*** Records to process
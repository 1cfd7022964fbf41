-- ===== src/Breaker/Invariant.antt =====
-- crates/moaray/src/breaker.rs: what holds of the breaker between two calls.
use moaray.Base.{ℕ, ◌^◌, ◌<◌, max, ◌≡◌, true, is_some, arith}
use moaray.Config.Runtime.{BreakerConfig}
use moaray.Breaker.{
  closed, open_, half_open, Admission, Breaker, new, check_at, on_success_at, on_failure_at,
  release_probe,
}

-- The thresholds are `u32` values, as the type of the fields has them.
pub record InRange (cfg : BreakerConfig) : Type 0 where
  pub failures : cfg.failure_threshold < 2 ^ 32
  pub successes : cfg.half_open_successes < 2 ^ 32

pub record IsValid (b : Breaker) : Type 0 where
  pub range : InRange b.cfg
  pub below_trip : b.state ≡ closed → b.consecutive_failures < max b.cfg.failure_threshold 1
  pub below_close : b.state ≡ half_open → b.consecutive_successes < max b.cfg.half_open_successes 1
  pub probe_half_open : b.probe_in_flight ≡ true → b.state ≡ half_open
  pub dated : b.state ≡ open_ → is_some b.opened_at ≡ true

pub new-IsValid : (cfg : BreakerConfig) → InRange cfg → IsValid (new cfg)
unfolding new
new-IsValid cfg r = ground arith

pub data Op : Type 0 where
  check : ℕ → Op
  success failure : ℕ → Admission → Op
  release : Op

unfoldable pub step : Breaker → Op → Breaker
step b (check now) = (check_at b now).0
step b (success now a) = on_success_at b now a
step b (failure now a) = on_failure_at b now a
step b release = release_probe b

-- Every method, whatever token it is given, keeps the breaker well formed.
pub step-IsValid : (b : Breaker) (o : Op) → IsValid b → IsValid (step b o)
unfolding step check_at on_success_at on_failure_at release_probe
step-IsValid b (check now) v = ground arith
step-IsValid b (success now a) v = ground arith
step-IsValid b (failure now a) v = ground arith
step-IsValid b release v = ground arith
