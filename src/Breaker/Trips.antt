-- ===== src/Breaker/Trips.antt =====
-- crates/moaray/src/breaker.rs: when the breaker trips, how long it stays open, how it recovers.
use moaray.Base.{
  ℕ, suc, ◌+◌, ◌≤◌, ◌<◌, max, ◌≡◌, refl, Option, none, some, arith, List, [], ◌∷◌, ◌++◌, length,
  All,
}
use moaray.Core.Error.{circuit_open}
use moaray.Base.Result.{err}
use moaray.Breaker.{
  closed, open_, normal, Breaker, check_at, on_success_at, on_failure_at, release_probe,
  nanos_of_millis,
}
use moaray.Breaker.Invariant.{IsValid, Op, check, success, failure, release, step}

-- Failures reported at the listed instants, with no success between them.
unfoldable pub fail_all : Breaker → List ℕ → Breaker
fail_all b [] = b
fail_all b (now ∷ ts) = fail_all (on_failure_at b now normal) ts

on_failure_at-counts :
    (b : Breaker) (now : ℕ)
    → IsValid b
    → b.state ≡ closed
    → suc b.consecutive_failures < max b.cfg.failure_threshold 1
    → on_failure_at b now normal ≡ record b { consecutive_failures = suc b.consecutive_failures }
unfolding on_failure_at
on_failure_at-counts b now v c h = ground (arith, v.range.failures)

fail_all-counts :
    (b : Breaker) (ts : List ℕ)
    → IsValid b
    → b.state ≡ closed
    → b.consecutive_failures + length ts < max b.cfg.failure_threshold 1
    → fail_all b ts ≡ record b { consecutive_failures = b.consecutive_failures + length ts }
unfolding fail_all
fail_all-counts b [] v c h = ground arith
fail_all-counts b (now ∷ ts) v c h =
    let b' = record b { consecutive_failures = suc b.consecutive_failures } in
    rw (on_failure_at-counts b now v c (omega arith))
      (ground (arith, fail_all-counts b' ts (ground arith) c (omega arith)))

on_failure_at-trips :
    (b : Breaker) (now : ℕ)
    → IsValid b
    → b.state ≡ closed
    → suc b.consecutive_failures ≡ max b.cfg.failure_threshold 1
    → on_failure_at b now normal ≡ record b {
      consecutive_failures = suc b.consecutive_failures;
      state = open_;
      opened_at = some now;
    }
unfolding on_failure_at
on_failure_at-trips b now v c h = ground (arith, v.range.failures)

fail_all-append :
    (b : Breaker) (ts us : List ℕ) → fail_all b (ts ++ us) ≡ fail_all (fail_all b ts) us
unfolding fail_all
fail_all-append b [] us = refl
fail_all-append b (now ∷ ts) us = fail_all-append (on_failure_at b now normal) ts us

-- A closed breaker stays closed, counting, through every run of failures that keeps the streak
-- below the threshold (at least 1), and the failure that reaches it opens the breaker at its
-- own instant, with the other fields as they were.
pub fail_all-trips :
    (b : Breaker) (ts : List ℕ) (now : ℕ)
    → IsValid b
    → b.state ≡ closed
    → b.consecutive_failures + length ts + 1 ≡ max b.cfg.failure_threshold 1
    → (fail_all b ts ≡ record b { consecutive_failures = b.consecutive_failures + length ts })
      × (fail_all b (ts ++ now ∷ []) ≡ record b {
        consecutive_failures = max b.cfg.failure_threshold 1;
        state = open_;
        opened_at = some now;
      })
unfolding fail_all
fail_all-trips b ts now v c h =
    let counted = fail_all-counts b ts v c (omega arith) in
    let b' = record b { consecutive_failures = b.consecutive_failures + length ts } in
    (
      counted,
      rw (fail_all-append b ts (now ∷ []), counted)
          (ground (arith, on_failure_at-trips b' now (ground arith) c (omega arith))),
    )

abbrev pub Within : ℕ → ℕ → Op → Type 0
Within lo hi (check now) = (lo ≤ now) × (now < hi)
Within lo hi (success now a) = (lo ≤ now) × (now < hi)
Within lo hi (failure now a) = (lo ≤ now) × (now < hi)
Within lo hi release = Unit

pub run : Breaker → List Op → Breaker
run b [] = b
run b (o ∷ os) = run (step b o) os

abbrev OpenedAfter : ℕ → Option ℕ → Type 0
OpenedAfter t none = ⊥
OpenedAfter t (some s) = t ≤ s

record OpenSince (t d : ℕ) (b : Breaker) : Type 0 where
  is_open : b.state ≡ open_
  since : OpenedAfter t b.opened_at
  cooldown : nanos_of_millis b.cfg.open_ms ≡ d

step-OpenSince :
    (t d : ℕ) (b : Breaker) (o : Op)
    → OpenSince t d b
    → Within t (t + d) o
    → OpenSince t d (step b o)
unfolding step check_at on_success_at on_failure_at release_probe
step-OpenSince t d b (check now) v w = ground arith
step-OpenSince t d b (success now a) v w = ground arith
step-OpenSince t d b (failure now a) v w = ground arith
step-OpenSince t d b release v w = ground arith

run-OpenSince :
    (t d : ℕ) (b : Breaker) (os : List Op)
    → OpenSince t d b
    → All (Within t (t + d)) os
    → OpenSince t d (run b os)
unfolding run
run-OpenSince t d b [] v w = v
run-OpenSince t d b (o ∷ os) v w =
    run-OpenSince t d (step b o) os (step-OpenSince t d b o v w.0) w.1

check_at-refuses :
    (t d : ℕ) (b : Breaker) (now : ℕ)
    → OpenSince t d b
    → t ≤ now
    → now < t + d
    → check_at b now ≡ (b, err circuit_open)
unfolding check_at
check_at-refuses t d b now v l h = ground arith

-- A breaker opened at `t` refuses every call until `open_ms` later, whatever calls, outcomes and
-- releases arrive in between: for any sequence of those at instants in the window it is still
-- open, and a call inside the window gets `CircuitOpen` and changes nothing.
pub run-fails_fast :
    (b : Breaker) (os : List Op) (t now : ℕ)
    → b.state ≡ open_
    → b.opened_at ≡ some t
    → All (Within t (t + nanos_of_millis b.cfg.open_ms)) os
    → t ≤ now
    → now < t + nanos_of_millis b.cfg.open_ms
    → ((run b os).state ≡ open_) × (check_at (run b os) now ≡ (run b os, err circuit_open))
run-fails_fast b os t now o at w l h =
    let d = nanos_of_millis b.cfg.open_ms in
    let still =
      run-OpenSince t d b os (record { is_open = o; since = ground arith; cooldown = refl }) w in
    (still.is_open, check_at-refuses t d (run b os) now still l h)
******
→ **Task**
Within the preceding material, tally each line that holds the word "them". Write down only the total.

→ **Answer to this task**
2